Norme Focus : le retard des éditeurs SaaS

Jennifer Hays souligne que les entreprises ont besoin d'un front-end qui aide à maîtriser les coûts, et si les fournisseurs de cloud se sont beaucoup améliorés dans la fourniture de données de facturation cohérentes avec le cadre de spécification de la FinOps Foundation (appelé Focus) - et que les outils FinOps peuvent utiliser -, il en va tout autrement pour SaaS. « Les fournisseurs de SaaS ne font pas autant partie du mouvement Focus, et chaque fournisseur que nous rencontrons possède un modèle de consommation différent et présente ses informations de facturation de manière spécifique, ce qui se traduit par des leviers de maîtrise des coûts particuliers », explique Jennifer Hays. Heureusement, ajoute-t-elle, ils avancent dans la bonne direction. J.R. Storment indique que la FinOps Foundation s'attend à ce que d'autres fournisseurs de SaaS adoptent la spécification de facturation Focus au cours de l'année à venir.


Tigran Khrimian, responsable de l'ingénierie technologique au sein de l'autorité de régulation Finra. (Photo : D.R.)

Grande utilisatrice de SaaS, la Finra confirme que tous ces services sont tarifés de manière très incohérente, ce qui, selon Tigran Khrimian, complique la gestion de l'ensemble.
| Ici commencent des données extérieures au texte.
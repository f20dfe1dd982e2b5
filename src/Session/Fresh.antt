-- ===== src/Session/Fresh.antt =====
-- What the admission of a new intent has checked.
use attyd.Common.{String, Option, none, some, List, ◌≡◌, refl, ok, arith, is_text→eq}
use attyd.Json.{Json}
use attyd.Common.Dict.{lookup}
use attyd.Session.Types.{ready, SessionAdmission, LastConsumption, SessionState, Codec}
use attyd.Session.Admission.{can_begin}
use attyd.Session.Turn.{payload_digest, check_settled, check_turn_admission}

module _ {J : Json} (s : SessionState J) where
  -- A prompt starts only in a session that is ready, with nothing in progress.
  pub record Idle : Type 0 where
    pub ready_phase : s.phase ≡ ready
    pub no_turn : s.active_turn ≡ none
    pub no_operation : s.operation ≡ none
    pub no_load : s.load_attempt ≡ none

  pub can_begin-prompt : can_begin s SessionAdmission.prompt ≡ ok tt → Idle
  unfolding can_begin
  can_begin-prompt h = ground arith

  pub record Fresh (expected intent : String) : Type 0 where
    pub idle : Idle
    pub current : s.history_revision ≡ some expected
    pub unused : lookup intent s.consumed_intents ≡ none

  check_settled-Fresh :
      (last : Option LastConsumption) (expected intent : String) (digest : List _)
      → lookup intent s.consumed_intents ≡ last
      → check_settled last s expected digest ≡ ok none
      → Fresh expected intent
  unfolding check_settled
  check_settled-Fresh none expected intent digest e h =
      ground (arith, can_begin-prompt, is_text→eq s.history_revision expected)
  check_settled-Fresh (some last) expected intent digest e h = ground arith

  pub check_turn_admission-Fresh :
      (c : Codec J) (expected intent : String) (prompt : List J.Value)
      → check_turn_admission c s expected intent prompt ≡ ok none
      → Fresh expected intent
  unfolding check_turn_admission
  check_turn_admission-Fresh c expected intent prompt h = ground (
    arith,
    check_settled-Fresh (lookup intent s.consumed_intents) expected intent (payload_digest c prompt)
        refl,
  )
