-- ===== src/Session/Machine.antt =====
-- A session as a machine: the operations of the mirror on one session as commands
-- (session_mirror.rs), and runs of commands. What the history cache and the comparison of histories
-- answer stands in the command.
use attyd.Common.{ℕ, String, Bool, List, [], ◌∷◌, Result}
use attyd.Json.{Json}
use attyd.Session.Types.{
  SessionOperationKind, SessionAdmission, MirrorError, HistoryCacheError, SessionState, Codec,
}
use attyd.Session.Admission.{begin_exclusive, settle_exclusive}
use attyd.Session.Turn.{admit_turn, append_turn_update, complete_turn, block_turn}
use attyd.Session.Turn.{advance_revision}
use attyd.Session.Commit
use attyd.Session.Commit.{
  Reply, done, unit_reply, turn_reply, append_session_update, commit_completed_turn_from_memory,
  commit_attachment_cache,
}
use attyd.Session.Load.{begin_load, fail_load}

module _ (J : Json) where
  open J use {Value}

  pub data Command : Type 0 where
    begin : SessionOperationKind → String → Command
    settle : SessionAdmission → String → Command
    admit : String → String → String → List Value → Command
    update : String → Value → Command
    session_update : Value → Result HistoryCacheError String → Command
    complete : String → Value → Command
    block : String → String → Command
    commit_completed : String → Result HistoryCacheError (String × ℕ) → Command
    commit_load :
        String → Result MirrorError (Unit {0}) → Result HistoryCacheError (String × ℕ) → Command
    commit_attachment :
        String → Result MirrorError (Unit {0}) → Result HistoryCacheError (String × ℕ) → Command
    touch : Command
    load : String → Result HistoryCacheError (Unit {0}) → Command
    load_failed : String → Result HistoryCacheError (Unit {0}) → String → Bool → Command

module _ {J : Json} where
  unfoldable pub step : Codec J → SessionState J → Command J → SessionState J × Reply
  step c s (begin kind id) = let (t, r) = begin_exclusive s kind id in (t, unit_reply r)
  step c s (settle kind id) = let (t, r) = settle_exclusive s kind id in (t, unit_reply r)
  step c s (admit op expected intent prompt) =
      let (t, r) = admit_turn c s op expected intent prompt in (t, turn_reply r)
  step c s (update op value) = let (t, r) = append_turn_update c s op value in (t, unit_reply r)
  step c s (session_update value appended) =
      let (t, r) = append_session_update c s value appended in (t, unit_reply r)
  step c s (complete op terminal) = let (t, r) = complete_turn c s op terminal in (t, unit_reply r)
  step c s (block op message) = let (t, r) = block_turn s op message in (t, unit_reply r)
  step c s (commit_completed op appended) = commit_completed_turn_from_memory s op appended
  step c s (commit_load attempt compared snapshot) = Commit.commit_load s attempt compared snapshot
  step c s (commit_attachment attempt compared snapshot) =
      commit_attachment_cache s attempt compared snapshot
  step c s touch = (advance_revision s, done)
  step c s (load attempt candidate) =
      let (t, r) = begin_load s attempt candidate in (t, unit_reply r)
  step c s (load_failed attempt aborted message retryable) =
      let (t, r) = fail_load s attempt aborted message retryable in (t, unit_reply r)

  unfoldable pub run : Codec J → SessionState J → List (Command J) → SessionState J
  run c s [] = s
  run c s (cmd ∷ cmds) = run c (step c s cmd).0 cmds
Et même avec une telle abondance d'outils FinOps, les besoins dépassent parfois les capacités. Par exemple, les services AWS exploités par la Finra ont des méthodologies de tarification différentes pour le stockage, le calcul, le serverless, etc. Et il existe des réductions disponibles associés, par exemple, à un engagement sur des niveaux de dépenses spécifiques. « Nous ne pouvions pas trouver d'outil pour gérer tous ces paramètres, alors nous avons écrit du code pour intégrer la facturation AWS à nos systèmes financiers », explique Tigran Khrimian, ajoutant que l'équipe interne continue de construire tous ses tableaux de bord de reporting et ses outils de prévision.

Jennifer Hays décrit un autre défi : « le contrôle des coûts orientés vers les plateformes, comme Kubernetes, ceux relatifs au Machine Learning et à l'IA sur les principales plateformes de cloud est moins mature que celui lié au stockage, aux bases de données, etc. » Et ne vous attendez pas à ce que les vendeurs d'outils vous aident à maximiser la valeur de votre investissement FinOps, prévient Jevin Jensen. « De nombreux fournisseurs de solutions n'offrent pas de services professionnels pour vous aider à former votre personnel ou adapter vos processus FinOps », explique-t-il. La DSI doit donc se débrouiller seule si elle souhaite aller plus loin que la simple mise en oeuvre d'outils.